▶ [Work request]: Look through the lines below, find those with the word "elim", and copy them.

+++++

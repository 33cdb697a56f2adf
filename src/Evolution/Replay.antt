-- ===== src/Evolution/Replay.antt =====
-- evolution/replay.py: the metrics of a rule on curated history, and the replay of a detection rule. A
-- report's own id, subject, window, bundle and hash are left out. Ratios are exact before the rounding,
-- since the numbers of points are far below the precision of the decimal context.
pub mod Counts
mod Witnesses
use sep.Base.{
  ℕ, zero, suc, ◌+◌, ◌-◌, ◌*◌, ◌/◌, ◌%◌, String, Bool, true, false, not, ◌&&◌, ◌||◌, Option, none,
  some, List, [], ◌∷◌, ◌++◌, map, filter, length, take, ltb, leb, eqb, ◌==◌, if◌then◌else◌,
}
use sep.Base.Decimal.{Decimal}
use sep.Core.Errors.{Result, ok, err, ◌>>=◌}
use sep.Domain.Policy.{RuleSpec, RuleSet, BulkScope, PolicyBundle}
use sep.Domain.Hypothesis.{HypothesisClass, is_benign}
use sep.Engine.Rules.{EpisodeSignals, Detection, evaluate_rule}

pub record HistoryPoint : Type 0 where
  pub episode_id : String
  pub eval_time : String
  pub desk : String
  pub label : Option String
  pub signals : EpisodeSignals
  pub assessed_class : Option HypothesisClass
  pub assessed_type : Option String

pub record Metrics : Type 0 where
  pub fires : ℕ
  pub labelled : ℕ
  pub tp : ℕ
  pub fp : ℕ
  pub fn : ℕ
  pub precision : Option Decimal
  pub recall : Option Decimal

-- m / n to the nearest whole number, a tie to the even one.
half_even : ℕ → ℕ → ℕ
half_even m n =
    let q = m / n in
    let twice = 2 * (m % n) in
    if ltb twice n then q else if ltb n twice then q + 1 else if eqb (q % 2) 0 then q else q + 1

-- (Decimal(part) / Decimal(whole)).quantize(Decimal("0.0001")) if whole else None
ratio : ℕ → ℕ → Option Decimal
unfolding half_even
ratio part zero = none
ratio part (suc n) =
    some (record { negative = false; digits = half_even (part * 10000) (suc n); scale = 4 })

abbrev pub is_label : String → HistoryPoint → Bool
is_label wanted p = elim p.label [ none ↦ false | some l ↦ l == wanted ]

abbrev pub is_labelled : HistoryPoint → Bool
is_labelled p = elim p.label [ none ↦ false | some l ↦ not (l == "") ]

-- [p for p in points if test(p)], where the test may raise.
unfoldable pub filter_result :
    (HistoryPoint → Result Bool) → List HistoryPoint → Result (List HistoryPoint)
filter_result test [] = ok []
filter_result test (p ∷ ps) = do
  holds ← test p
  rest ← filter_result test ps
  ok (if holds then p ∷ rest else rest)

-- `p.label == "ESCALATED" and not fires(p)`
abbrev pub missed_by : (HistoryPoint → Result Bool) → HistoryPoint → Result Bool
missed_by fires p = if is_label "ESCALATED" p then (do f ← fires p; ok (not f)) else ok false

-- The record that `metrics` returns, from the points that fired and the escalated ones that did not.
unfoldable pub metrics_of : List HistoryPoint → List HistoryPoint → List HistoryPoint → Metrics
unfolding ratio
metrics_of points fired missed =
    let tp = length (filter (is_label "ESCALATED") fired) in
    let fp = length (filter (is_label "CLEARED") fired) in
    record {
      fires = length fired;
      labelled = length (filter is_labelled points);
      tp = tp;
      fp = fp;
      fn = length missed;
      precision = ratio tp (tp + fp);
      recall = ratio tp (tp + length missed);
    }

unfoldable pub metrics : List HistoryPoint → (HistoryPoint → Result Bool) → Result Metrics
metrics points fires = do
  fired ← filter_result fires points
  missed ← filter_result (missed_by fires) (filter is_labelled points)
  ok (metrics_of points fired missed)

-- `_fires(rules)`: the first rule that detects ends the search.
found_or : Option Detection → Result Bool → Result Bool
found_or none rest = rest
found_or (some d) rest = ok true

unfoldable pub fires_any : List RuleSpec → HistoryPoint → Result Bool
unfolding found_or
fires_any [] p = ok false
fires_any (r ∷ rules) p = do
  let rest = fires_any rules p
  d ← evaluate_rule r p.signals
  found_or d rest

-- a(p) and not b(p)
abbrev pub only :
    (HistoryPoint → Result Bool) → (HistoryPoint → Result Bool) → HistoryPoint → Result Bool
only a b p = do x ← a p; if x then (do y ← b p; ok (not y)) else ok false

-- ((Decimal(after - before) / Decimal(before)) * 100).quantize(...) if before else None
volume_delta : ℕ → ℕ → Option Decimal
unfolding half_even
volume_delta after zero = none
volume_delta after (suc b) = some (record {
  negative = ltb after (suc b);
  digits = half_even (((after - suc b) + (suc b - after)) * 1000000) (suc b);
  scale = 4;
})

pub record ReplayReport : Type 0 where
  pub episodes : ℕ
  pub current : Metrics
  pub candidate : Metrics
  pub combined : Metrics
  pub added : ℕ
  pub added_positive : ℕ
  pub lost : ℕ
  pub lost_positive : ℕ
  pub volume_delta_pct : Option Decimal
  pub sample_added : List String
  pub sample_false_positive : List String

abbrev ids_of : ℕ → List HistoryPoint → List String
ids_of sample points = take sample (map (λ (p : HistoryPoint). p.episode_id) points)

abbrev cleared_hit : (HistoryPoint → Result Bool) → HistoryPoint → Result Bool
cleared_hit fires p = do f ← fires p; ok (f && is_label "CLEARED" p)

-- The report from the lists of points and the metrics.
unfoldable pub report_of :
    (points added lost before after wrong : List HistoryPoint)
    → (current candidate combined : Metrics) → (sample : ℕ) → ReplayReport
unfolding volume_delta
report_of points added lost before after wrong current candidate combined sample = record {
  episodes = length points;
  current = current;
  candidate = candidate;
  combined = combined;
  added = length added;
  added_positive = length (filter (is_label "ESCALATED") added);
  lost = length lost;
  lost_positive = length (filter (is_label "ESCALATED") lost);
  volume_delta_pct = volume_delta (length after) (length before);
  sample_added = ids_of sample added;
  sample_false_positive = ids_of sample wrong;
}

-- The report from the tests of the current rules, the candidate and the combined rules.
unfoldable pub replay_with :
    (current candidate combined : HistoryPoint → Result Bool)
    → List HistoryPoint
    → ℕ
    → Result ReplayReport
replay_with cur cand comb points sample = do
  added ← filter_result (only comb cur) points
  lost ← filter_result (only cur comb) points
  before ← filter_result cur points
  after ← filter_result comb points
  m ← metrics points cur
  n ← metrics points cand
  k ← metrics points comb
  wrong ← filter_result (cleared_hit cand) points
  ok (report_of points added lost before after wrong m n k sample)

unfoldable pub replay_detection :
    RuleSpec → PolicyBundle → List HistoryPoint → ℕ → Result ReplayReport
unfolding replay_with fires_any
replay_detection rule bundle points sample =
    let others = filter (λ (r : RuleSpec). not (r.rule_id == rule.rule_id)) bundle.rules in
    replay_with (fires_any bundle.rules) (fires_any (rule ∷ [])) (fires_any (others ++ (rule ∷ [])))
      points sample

+++++

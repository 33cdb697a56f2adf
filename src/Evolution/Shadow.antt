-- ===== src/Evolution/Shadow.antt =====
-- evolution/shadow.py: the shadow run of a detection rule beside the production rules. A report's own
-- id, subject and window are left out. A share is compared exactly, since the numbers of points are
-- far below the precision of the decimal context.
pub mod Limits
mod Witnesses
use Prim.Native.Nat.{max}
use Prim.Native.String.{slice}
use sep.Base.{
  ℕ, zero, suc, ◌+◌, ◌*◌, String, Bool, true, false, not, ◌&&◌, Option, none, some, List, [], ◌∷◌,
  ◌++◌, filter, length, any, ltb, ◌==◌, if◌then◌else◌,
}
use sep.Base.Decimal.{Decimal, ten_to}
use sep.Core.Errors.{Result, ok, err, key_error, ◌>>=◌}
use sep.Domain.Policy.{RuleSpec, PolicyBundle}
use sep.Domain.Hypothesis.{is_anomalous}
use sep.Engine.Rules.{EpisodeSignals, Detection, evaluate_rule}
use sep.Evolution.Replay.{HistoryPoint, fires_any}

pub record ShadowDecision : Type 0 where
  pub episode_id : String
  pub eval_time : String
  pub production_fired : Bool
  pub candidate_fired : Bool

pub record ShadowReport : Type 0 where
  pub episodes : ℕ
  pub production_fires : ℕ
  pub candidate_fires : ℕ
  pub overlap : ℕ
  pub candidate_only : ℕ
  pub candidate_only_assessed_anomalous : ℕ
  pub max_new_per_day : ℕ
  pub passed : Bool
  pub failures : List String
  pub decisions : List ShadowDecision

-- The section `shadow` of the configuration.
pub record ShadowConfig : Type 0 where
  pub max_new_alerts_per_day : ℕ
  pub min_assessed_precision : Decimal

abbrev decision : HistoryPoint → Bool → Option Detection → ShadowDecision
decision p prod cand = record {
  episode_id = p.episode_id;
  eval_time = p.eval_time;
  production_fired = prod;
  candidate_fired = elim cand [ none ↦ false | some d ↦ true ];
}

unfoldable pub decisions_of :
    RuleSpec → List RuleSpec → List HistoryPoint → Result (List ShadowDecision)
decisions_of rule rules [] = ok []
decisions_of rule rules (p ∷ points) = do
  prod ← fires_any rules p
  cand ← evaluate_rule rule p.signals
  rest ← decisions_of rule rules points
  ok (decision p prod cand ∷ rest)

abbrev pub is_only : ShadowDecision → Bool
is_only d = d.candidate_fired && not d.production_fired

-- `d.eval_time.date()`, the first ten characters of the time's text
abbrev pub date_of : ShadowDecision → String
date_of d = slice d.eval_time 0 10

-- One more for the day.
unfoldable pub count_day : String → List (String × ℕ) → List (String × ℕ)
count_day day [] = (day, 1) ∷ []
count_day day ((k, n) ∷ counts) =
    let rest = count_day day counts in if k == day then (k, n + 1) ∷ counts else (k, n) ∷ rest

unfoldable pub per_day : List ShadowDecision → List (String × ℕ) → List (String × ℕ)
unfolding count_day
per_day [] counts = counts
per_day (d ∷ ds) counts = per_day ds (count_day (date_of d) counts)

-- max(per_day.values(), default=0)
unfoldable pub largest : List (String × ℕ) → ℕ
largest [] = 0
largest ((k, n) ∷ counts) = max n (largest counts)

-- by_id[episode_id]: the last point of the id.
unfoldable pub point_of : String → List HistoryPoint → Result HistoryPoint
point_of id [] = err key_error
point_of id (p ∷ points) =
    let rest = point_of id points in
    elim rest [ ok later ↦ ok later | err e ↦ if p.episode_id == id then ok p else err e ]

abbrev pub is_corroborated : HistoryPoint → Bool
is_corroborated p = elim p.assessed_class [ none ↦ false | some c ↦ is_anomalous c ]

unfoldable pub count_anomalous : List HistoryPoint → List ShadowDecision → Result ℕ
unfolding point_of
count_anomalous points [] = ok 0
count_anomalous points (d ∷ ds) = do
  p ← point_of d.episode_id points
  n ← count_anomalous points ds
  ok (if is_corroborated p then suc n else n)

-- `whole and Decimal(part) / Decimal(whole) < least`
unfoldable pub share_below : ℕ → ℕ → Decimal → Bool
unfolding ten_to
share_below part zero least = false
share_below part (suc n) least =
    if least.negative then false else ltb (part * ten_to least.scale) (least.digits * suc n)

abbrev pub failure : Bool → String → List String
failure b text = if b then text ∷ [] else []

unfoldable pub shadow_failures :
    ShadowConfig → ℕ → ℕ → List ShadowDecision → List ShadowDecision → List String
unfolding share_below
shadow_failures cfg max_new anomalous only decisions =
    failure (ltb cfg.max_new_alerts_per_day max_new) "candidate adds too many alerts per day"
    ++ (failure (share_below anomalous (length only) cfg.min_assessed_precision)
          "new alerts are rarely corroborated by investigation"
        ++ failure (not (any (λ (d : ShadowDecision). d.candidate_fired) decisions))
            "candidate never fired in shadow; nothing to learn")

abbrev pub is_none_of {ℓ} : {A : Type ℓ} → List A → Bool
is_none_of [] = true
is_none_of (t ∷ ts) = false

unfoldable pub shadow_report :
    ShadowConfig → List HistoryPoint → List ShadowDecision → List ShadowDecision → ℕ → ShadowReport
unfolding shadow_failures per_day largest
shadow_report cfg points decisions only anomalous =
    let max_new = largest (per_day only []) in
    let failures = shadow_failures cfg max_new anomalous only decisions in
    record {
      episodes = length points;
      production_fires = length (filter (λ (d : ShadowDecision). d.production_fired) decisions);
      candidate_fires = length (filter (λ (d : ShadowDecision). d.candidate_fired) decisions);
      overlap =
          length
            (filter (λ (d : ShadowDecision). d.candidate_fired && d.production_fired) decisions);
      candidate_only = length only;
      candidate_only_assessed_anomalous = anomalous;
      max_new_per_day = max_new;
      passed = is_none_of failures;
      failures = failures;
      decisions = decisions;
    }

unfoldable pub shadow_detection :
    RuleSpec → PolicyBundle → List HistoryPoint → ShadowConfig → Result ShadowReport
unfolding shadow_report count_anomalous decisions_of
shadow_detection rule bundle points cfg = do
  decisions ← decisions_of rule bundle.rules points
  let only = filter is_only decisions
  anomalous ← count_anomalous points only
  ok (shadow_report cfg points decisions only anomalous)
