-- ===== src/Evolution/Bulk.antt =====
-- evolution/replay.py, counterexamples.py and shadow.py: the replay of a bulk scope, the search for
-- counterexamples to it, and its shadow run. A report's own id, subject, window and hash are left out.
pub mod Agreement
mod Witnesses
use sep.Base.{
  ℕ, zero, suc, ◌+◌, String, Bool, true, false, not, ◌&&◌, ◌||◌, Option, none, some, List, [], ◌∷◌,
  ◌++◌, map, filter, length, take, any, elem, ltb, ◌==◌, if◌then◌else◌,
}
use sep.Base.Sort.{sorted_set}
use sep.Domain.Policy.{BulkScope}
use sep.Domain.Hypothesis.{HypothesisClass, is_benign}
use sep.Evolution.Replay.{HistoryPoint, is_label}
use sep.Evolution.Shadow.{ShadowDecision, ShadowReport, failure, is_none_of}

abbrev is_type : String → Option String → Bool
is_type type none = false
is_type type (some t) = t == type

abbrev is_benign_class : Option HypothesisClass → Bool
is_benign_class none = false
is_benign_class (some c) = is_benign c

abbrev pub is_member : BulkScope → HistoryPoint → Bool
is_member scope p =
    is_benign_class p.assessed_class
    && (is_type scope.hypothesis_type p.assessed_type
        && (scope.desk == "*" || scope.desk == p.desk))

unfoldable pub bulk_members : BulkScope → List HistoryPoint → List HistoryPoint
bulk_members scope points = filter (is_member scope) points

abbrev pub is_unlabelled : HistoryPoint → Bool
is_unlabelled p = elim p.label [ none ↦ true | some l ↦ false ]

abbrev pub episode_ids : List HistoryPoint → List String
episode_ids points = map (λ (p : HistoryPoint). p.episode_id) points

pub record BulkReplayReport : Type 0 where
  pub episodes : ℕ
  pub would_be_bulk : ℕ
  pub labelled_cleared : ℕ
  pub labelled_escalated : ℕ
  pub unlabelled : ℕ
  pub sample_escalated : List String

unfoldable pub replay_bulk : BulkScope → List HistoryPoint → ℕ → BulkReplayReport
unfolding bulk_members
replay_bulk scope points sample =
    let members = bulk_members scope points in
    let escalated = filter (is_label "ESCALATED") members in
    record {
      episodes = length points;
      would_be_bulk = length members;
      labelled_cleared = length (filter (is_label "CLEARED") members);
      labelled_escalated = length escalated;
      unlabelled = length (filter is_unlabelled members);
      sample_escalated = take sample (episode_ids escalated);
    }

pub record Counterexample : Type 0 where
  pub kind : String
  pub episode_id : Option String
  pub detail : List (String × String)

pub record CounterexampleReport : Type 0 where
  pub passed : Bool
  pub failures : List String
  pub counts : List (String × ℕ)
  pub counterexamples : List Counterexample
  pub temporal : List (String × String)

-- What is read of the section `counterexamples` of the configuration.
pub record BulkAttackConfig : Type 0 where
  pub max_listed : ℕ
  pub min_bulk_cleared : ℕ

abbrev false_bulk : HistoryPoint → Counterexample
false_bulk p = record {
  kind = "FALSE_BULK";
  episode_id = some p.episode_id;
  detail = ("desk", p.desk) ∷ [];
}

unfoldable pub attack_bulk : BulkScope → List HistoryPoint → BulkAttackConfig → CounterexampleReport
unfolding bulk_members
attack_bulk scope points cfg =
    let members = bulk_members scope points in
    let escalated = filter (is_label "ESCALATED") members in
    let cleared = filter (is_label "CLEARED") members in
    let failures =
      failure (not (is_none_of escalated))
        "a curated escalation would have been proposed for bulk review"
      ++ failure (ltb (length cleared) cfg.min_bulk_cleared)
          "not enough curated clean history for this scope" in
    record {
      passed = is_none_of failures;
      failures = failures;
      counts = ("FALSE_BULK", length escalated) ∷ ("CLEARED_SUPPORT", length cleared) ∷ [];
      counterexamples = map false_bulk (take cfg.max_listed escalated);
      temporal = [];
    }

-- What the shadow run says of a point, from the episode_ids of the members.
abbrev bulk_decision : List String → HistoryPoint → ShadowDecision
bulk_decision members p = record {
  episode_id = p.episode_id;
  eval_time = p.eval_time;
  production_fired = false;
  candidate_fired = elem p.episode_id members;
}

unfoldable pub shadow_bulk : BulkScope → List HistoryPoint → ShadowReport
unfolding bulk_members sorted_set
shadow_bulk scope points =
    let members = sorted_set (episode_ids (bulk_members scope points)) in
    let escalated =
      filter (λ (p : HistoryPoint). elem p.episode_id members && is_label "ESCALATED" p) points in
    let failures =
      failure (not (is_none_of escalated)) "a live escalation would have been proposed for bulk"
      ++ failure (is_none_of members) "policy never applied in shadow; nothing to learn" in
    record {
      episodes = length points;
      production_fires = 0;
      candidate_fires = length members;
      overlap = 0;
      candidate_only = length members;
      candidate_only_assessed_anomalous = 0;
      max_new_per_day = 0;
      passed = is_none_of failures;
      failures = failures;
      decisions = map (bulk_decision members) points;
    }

+++++

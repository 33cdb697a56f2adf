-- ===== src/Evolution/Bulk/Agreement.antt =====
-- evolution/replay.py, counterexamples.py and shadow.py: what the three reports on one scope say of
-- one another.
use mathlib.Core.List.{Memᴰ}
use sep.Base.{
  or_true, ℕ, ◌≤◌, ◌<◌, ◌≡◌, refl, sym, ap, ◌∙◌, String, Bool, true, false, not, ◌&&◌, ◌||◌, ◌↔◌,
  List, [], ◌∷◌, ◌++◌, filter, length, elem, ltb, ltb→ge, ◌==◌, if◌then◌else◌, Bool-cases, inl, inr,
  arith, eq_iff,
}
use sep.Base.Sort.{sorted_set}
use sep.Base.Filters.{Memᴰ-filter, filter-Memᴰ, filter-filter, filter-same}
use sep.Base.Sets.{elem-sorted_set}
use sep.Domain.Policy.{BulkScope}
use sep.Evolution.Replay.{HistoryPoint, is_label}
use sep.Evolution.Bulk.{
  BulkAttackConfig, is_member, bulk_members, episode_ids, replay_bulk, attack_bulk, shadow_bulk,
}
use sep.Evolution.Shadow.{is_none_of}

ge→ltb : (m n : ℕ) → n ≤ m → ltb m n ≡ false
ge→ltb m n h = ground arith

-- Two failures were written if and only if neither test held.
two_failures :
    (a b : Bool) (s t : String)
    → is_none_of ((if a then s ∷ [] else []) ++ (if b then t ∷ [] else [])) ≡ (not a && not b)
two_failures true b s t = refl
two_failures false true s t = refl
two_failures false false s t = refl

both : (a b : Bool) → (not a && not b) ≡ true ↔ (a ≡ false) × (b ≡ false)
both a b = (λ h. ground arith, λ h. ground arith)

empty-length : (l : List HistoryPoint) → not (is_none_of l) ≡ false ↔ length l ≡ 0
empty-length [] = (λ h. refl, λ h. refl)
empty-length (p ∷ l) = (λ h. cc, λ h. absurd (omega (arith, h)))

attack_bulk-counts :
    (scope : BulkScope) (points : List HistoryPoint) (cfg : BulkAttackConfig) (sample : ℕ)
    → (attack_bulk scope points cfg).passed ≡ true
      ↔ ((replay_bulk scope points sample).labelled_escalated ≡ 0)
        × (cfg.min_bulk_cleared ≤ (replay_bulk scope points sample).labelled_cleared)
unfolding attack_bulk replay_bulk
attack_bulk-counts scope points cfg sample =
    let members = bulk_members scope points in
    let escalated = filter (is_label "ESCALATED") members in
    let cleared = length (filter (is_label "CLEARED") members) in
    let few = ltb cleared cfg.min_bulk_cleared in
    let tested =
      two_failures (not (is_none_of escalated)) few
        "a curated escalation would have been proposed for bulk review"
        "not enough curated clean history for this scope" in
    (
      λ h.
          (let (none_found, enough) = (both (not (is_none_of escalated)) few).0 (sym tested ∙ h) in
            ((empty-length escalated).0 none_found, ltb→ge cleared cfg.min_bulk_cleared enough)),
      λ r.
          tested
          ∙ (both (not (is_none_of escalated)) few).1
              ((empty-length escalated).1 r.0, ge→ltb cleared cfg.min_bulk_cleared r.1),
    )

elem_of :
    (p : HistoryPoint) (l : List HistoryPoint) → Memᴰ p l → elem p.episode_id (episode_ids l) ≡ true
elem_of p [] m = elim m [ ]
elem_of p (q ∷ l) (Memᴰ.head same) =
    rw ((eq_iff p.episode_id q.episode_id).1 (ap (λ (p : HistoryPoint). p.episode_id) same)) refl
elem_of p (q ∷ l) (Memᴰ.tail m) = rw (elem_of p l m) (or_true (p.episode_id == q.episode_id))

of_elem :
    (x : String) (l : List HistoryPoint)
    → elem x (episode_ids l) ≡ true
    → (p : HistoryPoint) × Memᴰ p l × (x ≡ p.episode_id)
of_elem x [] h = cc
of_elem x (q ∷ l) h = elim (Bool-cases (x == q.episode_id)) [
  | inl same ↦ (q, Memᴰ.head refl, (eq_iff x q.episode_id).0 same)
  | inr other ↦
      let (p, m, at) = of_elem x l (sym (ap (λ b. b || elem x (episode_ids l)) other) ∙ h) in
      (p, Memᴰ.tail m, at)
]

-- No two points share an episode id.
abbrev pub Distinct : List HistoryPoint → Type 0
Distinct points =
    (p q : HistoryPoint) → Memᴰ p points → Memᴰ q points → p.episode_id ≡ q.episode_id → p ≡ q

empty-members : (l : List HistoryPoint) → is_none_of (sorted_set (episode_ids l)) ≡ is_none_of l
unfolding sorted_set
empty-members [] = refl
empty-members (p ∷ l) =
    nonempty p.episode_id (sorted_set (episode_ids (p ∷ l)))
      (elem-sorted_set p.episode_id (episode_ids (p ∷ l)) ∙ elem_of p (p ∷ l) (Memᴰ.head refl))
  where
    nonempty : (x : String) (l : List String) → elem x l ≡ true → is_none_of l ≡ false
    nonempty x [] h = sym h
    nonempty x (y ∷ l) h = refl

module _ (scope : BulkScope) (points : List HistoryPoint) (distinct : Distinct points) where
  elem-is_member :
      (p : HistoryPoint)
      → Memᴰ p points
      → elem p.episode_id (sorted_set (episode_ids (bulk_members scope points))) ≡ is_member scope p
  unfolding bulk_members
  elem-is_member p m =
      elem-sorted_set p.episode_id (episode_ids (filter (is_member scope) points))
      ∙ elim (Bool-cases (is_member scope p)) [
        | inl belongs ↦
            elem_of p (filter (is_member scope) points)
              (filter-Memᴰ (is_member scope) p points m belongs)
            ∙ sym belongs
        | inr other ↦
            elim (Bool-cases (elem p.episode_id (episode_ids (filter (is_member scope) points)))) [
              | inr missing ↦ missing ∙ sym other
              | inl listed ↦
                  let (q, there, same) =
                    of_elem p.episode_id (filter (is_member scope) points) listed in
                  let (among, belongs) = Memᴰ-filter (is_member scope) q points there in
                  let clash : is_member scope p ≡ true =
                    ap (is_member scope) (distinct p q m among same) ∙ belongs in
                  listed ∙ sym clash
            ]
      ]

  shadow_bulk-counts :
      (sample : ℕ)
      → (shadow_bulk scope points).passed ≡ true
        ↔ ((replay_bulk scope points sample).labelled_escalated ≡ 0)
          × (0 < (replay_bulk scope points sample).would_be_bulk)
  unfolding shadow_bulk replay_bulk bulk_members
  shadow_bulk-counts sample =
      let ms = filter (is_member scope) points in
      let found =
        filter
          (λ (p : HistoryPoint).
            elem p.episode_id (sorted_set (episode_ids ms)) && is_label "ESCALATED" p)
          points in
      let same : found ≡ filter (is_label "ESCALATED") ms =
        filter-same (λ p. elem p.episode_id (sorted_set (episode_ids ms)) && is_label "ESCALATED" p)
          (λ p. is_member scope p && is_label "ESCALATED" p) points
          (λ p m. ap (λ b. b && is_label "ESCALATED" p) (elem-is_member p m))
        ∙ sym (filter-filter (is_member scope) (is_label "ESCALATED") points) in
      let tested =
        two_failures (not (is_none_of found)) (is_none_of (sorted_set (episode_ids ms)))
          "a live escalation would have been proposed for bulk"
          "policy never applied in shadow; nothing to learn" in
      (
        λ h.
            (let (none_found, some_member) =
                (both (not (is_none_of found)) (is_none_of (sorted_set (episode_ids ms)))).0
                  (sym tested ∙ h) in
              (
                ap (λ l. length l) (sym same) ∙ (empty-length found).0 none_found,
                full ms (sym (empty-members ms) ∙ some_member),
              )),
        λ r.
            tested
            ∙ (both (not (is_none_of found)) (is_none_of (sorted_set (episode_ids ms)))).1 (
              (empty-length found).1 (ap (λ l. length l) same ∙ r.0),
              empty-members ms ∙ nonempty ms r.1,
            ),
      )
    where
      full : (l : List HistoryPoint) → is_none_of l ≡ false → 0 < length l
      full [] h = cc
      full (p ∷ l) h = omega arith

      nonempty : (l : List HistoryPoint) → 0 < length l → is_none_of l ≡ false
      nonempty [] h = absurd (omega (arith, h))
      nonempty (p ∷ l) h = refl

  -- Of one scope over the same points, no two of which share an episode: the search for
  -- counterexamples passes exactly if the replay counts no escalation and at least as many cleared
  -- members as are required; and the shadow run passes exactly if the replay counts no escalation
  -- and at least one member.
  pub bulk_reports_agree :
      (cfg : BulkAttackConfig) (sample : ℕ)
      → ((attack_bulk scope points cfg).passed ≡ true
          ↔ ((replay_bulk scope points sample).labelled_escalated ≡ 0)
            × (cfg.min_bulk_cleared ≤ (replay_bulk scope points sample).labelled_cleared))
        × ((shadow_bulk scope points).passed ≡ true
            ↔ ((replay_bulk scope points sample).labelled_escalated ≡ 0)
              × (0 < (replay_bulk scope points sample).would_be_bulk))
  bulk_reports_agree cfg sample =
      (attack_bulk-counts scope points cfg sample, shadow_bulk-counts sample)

+++++

▶ [Answer section]:
is_label wanted p = elim p.label [ none ↦ false | some l ↦ l == wanted ]
is_labelled p = elim p.label [ none ↦ false | some l ↦ not (l == "") ]
  candidate_fired = elim cand [ none ↦ false | some d ↦ true ];
    elim rest [ ok later ↦ ok later | err e ↦ if p.episode_id == id then ok p else err e ]
is_corroborated p = elim p.assessed_class [ none ↦ false | some c ↦ is_anomalous c ]
is_unlabelled p = elim p.label [ none ↦ true | some l ↦ false ]
elem_of p [] m = elim m [ ]
of_elem x (q ∷ l) h = elim (Bool-cases (x == q.episode_id)) [
      ∙ elim (Bool-cases (is_member scope p)) [
            elim (Bool-cases (elem p.episode_id (episode_ids (filter (is_member scope) points)))) [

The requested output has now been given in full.